Egalitärer Erziehungsstil
Beim egalitären Erziehungsstil haben Erzieher und zu Erziehender dieselben Rechte und Pflichten. Die Meinung des zu Erziehenden wird nicht nur eingeholt und berücksichtigt, sondern besitzt das gleiche Gewicht wie die des Erziehenden. Dieser Erziehungsstil berücksichtigt nicht oder zu wenig, dass Kinder teilweise andere natürliche Bedürfnisse (Schutz, Erziehung, Ausbildung usw.) haben als Erwachsene, weil sie sich noch in Entwicklung befinden.
Flexibler Erziehungsstil
Der Flexible Erziehungsstil akkumuliert Tendenzen der vorhandenen Erziehungsstile. Er unterscheidet sich insofern von anderen Erziehungsstilen, als dass er fordert, den jeweils 'richtigen' Erziehungsschritt situationsabhängig abzuleiten. Eine angemessene Interaktion mit dem zu Erziehenden steht dabei im Vordergrund.
Forschung
Es gibt inzwischen eine große Zahl von Forschungsbefunden aus dem amerikanischen oder dem europäischen Raum zu den Auswirkungen elterlicher Erziehungsstile auf die Kinder und Jugendlichen. Danach weisen in der Gesamtschau Kinder und Jugendliche, die in einem autoritativen Elternhaus aufwachsen, eine Reihe von Eigenschaften auf, die heute als wünschenswert angesehen werden. Hierzu gehören Eigenschaften wie: Leistungsbereitschaft, Selbstvertrauen, Eigenständigkeit, psychosoziale Reife und Selbstkontrolle. [9] Längsschnittstudien kommen zu dem Ergebnis, dass diese positiven Effekte auf die autoritative Haltung und die daraus abgeleiteten Verhaltensweisen der Eltern zurückzuführen sind und nicht etwa auf andere Einflussgrößen. [10] Auch wenn die Kinder sich mit zunehmendem Alter mehr und mehr von den Eltern ablösen und in selbst gewählten Gleichaltrigengruppen leben, geben die Eltern mit ihrem Erziehungsverhalten die Richtung für die weitere Selbstentwicklung ihrer Kinder vor. [11] Ferner gibt es Zusammenhänge zwischen elterlichem Erziehungsstil, kognitiver Leistungsfähigkeit und schulischer Kompetenz. [12]. Ein autoritativer Stil der Lehrer trägt dazu bei, dass Kinder sich zu emotional angepassten, eigenständigen, leistungsfähigen und sozial kompetenten Personen entwickeln,[13] während sich der autoritäre und der permissive Stil eher negativ auf Schulleistungen auswirken.

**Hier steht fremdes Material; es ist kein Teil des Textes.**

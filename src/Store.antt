-- ===== src/Store.antt =====
-- The persistence port of the API service: api/internal/db/notification_model.go and
-- notification_repo.go, with the embedded models of shared/bun/models.go.
pub mod Postgres
use insider_notification.Base.{ℕ, ℤ, String, Option, List}
use insider_notification.Effect.{M, pure, ◌>>=◌}
use insider_notification.Platform.{Platform}
use insider_notification.Public.Status
use insider_notification.Public.Events.{NotificationReadyEvent}
use insider_notification.Domain.{Notification, get_max_attempts}

-- `db.Notification` with `IDModel` and `TimestampModel`; the zero time is 0.
pub record DbNotification : Type 0 where
  pub id : ℕ
  pub created_at : ℕ
  pub updated_at : ℕ
  pub batch_id : Option ℕ
  pub recipient : String
  pub channel : String
  pub content : String
  pub priority : String
  pub status : String
  pub deliver_after : Option ℕ
  pub max_attempts : ℤ

-- google/uuid: `NewV7`, which may fail, and `New`.
pub record Ids (S : Type 0) : Type 0 where
  pub new_v7 : M S ℕ
  pub new : S → S × ℕ

-- `NewIDModel`
abbrev pub new_id_model : {S : Type 0} → Ids S → M S ℕ
new_id_model ids = ids.new_v7

-- The entity that `From` builds once it has an id.
abbrev pub entity_of : Notification → Option ℕ → ℕ → DbNotification
entity_of n batch_id id = record {
  id = id;
  created_at = 0;
  updated_at = 0;
  batch_id = batch_id;
  recipient = n.recipient;
  channel = n.channel;
  content = n.content;
  priority = n.priority;
  status = Status.pending;
  deliver_after = n.deliver_after;
  max_attempts = get_max_attempts n;
}

-- `db.Notification{}.From`
unfoldable pub from : {S : Type 0} → Ids S → Notification → Option ℕ → M S DbNotification
from ids n batch_id = do id ← new_id_model ids; pure (entity_of n batch_id id)

-- `ToDomain`, with `notification.New`
unfoldable pub to_domain : DbNotification → Notification
to_domain e = record {
  channel = e.channel;
  recipient = e.recipient;
  content = e.content;
  priority = e.priority;
  status = e.status;
  deliver_after = e.deliver_after;
  max_attempts = e.max_attempts;
}

-- `NotificationReadyEvent{}.From` of api/public/events.go, through the entity's getters.
unfoldable pub ready_event : Platform → DbNotification → NotificationReadyEvent
ready_event p e = record {
  notification_id = p.uuid_text e.id;
  channel = e.channel;
  recipient = e.recipient;
  content = e.content;
  priority = e.priority;
  max_attempts = e.max_attempts;
}

pub record ListFilter : Type 0 where
  pub status : String
  pub channel : String
  pub batch_id : Option ℕ
  pub date_from : Option ℕ
  pub date_to : Option ℕ
  pub page_size : ℤ
  pub cursor_id : Option ℕ
  pub page : ℤ
  pub sort : String
  pub order : String

-- The interface `NotificationRepository` over the state of its implementation. `Create` and
-- `CreateBatch` write what the database generates through their pointers: they return the rows.
pub record NotificationRepository (S : Type 0) : Type 0 where
  pub create : DbNotification → M S DbNotification
  pub create_batch : List DbNotification → M S (List DbNotification)
  pub get_by_id : ℕ → M S DbNotification
  pub get_by_ids : List ℕ → M S (List DbNotification)
  pub list : ListFilter → M S (List DbNotification × ℕ × Option ℕ)
  pub update_status : ℕ → String → M S DbNotification
  pub find_scheduled_due : M S (List DbNotification)
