-- ===== src/Ports.antt =====
-- The port for publishing events: shared/messaging/publisher.go. A context carries no more than a
-- trace and cancellation, and is left out.
use insider_notification.Base.{String, List, [], ◌∷◌, ◌≡◌, ◌⊎◌}
use insider_notification.Effect.{M, Result, ok, err}
use insider_notification.Public.Events.{Payload}

-- The interface `Publisher` over the state of the broker.
pub record Publisher (S : Type 0) : Type 0 where
  pub publish : (topic : String) → Payload → M S (Unit {0})

-- The interface `BatchPublisher`, without the `Publisher` that it extends.
pub record BatchPublisher (S : Type 0) : Type 0 where
  pub publish_batch : (topic : String) → List Payload → M S (Unit {0})

-- The payload is one of those of a batch.
abbrev pub Listed : Payload → List Payload → Type 0
Listed m [] = ⊥
Listed m (x ∷ xs) = (x ≡ m) ⊎ Listed m xs

-- How a message is settled.
pub data Reply : Type 0 where
  acked nacked : Reply

abbrev pub reply_to : {S : Type 0} → S × Result (Unit {0}) → S × Reply
reply_to (s, ok _) = (s, acked)
reply_to (s, err e) = (s, nacked)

In Untersuchungen bei englischen Jugendlichen[14] wurde festgestellt, dass nicht-autoritatives Erziehungsverhalten mit einer höheren Tendenz zu abweichendem und störendem Verhalten in der Schule einhergeht. Auch neigten Jugendliche aus diesen Elternhäusern weniger dazu, ihre schulischen Leistungen auf eigene Fähigkeiten und Ausdauer zurückzuführen. Verglichen mit ihren Mitschülern nannten sie häufiger externale Ursachen als Begründung für gute Noten. Schlechtes Abschneiden führten sie jedoch auf internale Ursachen wie mangelnde Fähigkeiten zurück.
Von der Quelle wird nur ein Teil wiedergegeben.